MERIDIONALI COSTRETTI ANCORA AD EMIGRARE AL NORD: 700.000 IN DIECI ANNI
L’ITALIA SEMPRE PIU’ DIVISA IN DUE: NEL 2008 BEN 122.000 ITALIANI DEL SUD COSTRETTI A SALIRE AL NORD IN CERCA DI LAVORO… UN CASO UNICO IN EUROPA NEL SILENZIO DELLE ISTITUZIONI… GIOVANI UNIVERSITARI E LAUREATI ECCELLENTI ABBANDONANO IL SUD… SONO 173.000 I PENDOLARI A LUNGO RAGGIO
E’ definito un fenomeno unico in Europa: parliamo delle centinaia di migliaia di lavoratori meridionali costretti ad emigrare al Nord per trovare un’occupazione decorosa che permetta loro di vivere.
Lo segnala il rapporto sull’economia del Mezzogiorno 2009 dello Svimez, associazione per lo sviluppo dell’industria nel Mezzogiorno, che chiede che le Istituzioni facciano di più.
Appello raccolto da Giorgio Napolitano che chiosa, ai margini del convegno: ” La crisi economica rafforza il convincimento che una prospettiva di stabile ripresa del processo di sviluppo debba essere fondata sul superamento degli squilibri territoriali, necessario per utilizzare pienamente tutte le potenzialità del nostro Paese”.
Il rapporto dello Svimez presenta sempre un’Italia spaccata in due sul fronte migratorio, con un sud che espelle giovani e manodopera senza rimpiazzarla e con una carenza di domanda di figure professionali di livello medio-alto.
Tra il 1997 e il 2007, circa 700.000 persone hanno abbandonato il Mezzogiorno, 122.000 nel solo 2008.
Oltre l’87% delle partenze ha origine da Puglia, Sicilia e Campania. In quest’ultima regione si registra l’emorragia più forte ( – 25.000), a seguire Puglia e Sicilia rispettivamente con 12.200 e 11.600 unità in meno.
Da considerare anche il fenomeno dei “pendolari a lungo raggio” che nel 2008 sono stati 173.000, 23.000 in più rispetto al 2007.
Persone residenti nel Mezzogiorno, ma con un posto di lavoro al centro nord o all’estero, “cittadini a termine” che rientrano a casa nel fine settimana o un paio di volte al mese.
Si tratta di giovani con un livello di studio medio-alto: l’80% ha meno di 45 anni e quasi il 50% svolge professioni di livello elevato, il 24% è laureato.

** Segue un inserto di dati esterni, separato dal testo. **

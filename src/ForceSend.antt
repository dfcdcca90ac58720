-- ===== src/ForceSend.antt =====
-- `ForceSendTx` of pkg/test_utils/solana.go: one goroutine sends a transaction again and again, the
-- other asks for the status of its signature. The client and the clock are services, which answer
-- each step anew; each critical section of the mutex is one step.
pub mod Confirmed
pub mod Many
pub mod Returns
use tax_bro.Prelude.{
  ℕ, ◌+◌, ◌*◌, ◌^◌, ◌≡◌, Bool, true, false, List, [], ◌∷◌, ◌++◌, Option, none, some, String,
  eq_string, ◌==◌, ltb, if◌then◌else◌, Outcome, ok, fault, assertion, ◌>>=◌, must, Fallible,
}
use tax_bro.Rpc.{index}

-- rpc.ConfirmationStatusType
pub data Status : Type 0 where
  processed confirmed finalized : Status

-- What `GetSignatureStatuses` gives: `rpc.ErrNotFound`, another error, or the values.
pub data Answer : Type 0 where
  not_found failed : Answer
  values : List (Option Status) → Answer

-- `now` is `time.Now().UnixMilli()`. `new_transaction` gives the signatures of the transaction of the
-- instructions with a blockhash: the error of `Sign` is not looked at.
pub record Client : Type 0 where
  pub now : ℕ
  pub get_latest_blockhash : Fallible String
  pub new_transaction : String → Fallible (List String)
  pub send_transaction : List String → Fallible (Unit {0})
  pub get_signature_statuses : String → Answer

-- `solana.Signature{}`, as a text.
abbrev pub zero_signature : String
zero_signature = "1111111111111111111111111111111111111111111111111111111111111111"

-- The variables of the first goroutine.
pub record Round : Type 0 where
  pub start_time : ℕ
  pub blockhash : String

-- `looping`: before a round of its loop. `storing`: behind the sending, with the signatures.
pub data Sender : Type 0 where
  beginning : Sender
  looping : Round → Sender
  storing : Round → List String → Sender
  stopped : Sender

-- `asking`: with the signature that it has read.
pub data Watcher : Type 0 where
  watching : Watcher
  asking : String → Watcher
  returned : Watcher

-- The shared variables, what was sent so far, and what was reported.
pub record Sending : Type 0 where
  pub sender : Sender
  pub watcher : Watcher
  pub cancelled : Bool
  pub signature : String
  pub sent : List (List String)
  pub reported : List (String × Status)

abbrev pub nothing_sent : Sending
nothing_sent = record {
  sender = beginning;
  watcher = watching;
  cancelled = false;
  signature = zero_signature;
  sent = [];
  reported = [];
}

-- `startTime+int64(90*time.Second*time.Millisecond) > time.Now().UnixMilli()`: the product of the two
-- durations in nanoseconds is 9 * 10 ^ 16.
abbrev pub is_due : ℕ → ℕ → Bool
is_due start_time now = ltb now (start_time + 9 * 10 ^ 16)

-- The blockhash of a round.
unfoldable pub refreshed : Client → Round → Outcome Round
refreshed client r =
    if is_due r.start_time client.now
    then (do blockhash ← must client.get_latest_blockhash; ok (record r { blockhash = blockhash }))
    else ok r

-- A round up to the sending.
unfoldable pub send_round : Client → Round → Outcome (Round × List String)
unfolding refreshed
send_round client r = do
  r' ← refreshed client r
  sigs ← must (client.new_transaction r'.blockhash)
  _ ← must (client.send_transaction sigs)
  ok (r', sigs)

-- The first critical section.
abbrev pub stored_signature : String → List String → Outcome String
stored_signature signature sigs = if signature == zero_signature then index sigs 0 else ok signature

unfoldable pub sender_step : Client → Sender → Sending → Outcome Sending
sender_step client beginning s = do
  blockhash ← must client.get_latest_blockhash
  ok (record s { sender = looping (record { start_time = client.now; blockhash = blockhash }) })
sender_step client (looping r) s = if s.cancelled then ok (record s { sender = stopped }) else (do
  (r', sigs) ← send_round client r
  ok (record s { sender = storing r' sigs; sent = s.sent ++ sigs ∷ [] }))
sender_step client (storing r sigs) s = do
  signature ← stored_signature s.signature sigs
  ok (record s { sender = looping r; signature = signature })
sender_step client stopped s = ok s

-- What the second goroutine does with the first status.
abbrev pub status_step : String → Option Status → Sending → Sending
status_step signature none s = record s { watcher = watching }
status_step signature (some confirmed) s = record s {
  watcher = returned;
  cancelled = true;
  reported = s.reported ++ (signature, confirmed) ∷ [];
}
status_step signature (some status) s = record s {
  watcher = watching;
  reported = s.reported ++ (signature, status) ∷ [];
}

abbrev pub answer_step : String → Answer → Sending → Outcome Sending
answer_step signature not_found s = ok (record s { watcher = watching })
answer_step signature failed s = fault assertion
answer_step signature (values statuses) s = do
  status ← index statuses 0
  ok (status_step signature status s)

unfoldable pub watcher_step : Client → Watcher → Sending → Outcome Sending
watcher_step client watching s =
    ok (record s {
      watcher = if s.signature == zero_signature then watching else asking s.signature;
    })
watcher_step client (asking signature) s =
    answer_step signature (client.get_signature_statuses signature) s
watcher_step client returned s = ok s

pub data Step (s t : Sending) : Type 0 where
  sends : (client : Client) → sender_step client s.sender s ≡ ok t → Step s t
  watches : (client : Client) → watcher_step client s.watcher s ≡ ok t → Step s t

pub data Runs (s : Sending) : Sending → Type 0 where
  begin : Runs s s
  go : {t u : Sending} → Runs s t → Step t u → Runs s u

-- `wg.Wait()` returns when both goroutines have.
pub record IsDone (s : Sending) : Type 0 where
  pub sender : s.sender ≡ stopped
  pub watcher : s.watcher ≡ returned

Non lasciano la residenza perchè non lo giustificherebbe nè il costo della vita nelle aree urbane nè un contratto di lavoro a tempo.
Spesso sono maschi, singles, dipendenti full time in una fase transitoria della loro vita, come l’ingresso o l’assestamento nel mercato del lavoro.
Le regioni che attraggono maggiormente i pendolari sono Lombardia, Emilia Romagna e Lazio. Rispetto ai primi anni 2.000 sono poi aumentati i giovani meridionali trasferiti al centro-nord dopo il diploma che si sono laureati lì e lavorano lì, mentre sono diminuiti i laureati negli atenei meridionali in partenza dopo la laurea in cerca di lavoro.
In vistosa crescita infine le partenze dei laureati “eccellenti”: nel 2004 partiva il 25% dei laureati meridionali con il massimo dei voti, tre anni dopo la percentuale è balzata al 38%.
Fenomeno che si spiega con il fatto che la mobilità geografica permette una maggiore mobilità sociale.
I laureati meridionali che si spostano dopo la laurea vanno incontro a contratti meno stabili rispetto a chi rimane, ma a uno stipendio più alto.
Il 50% dei giovani che scelgono di restare al sud non arriva a 1.000 euro al mese, mentre il 63% di chi è partito dopo la laurea guadagna tra i 1.000 e i 1.500 euro e oltre il 16% più di 1.500 euro al mese.
Tutto questo divario in assenza di una seria politica di investimenti mirati e controllati nel Mezzogiorno, di incentivi veri e diretti, non mediati, ai neolaureati, di agevolazioni alle aziende per stabilire la propria attività al Sud.
Anzi, in presenza di forze politiche che vogliono aumentare il divario tra Nord e Sud, privilegiando la parte del Paese più ricca per meri interessi di bottega.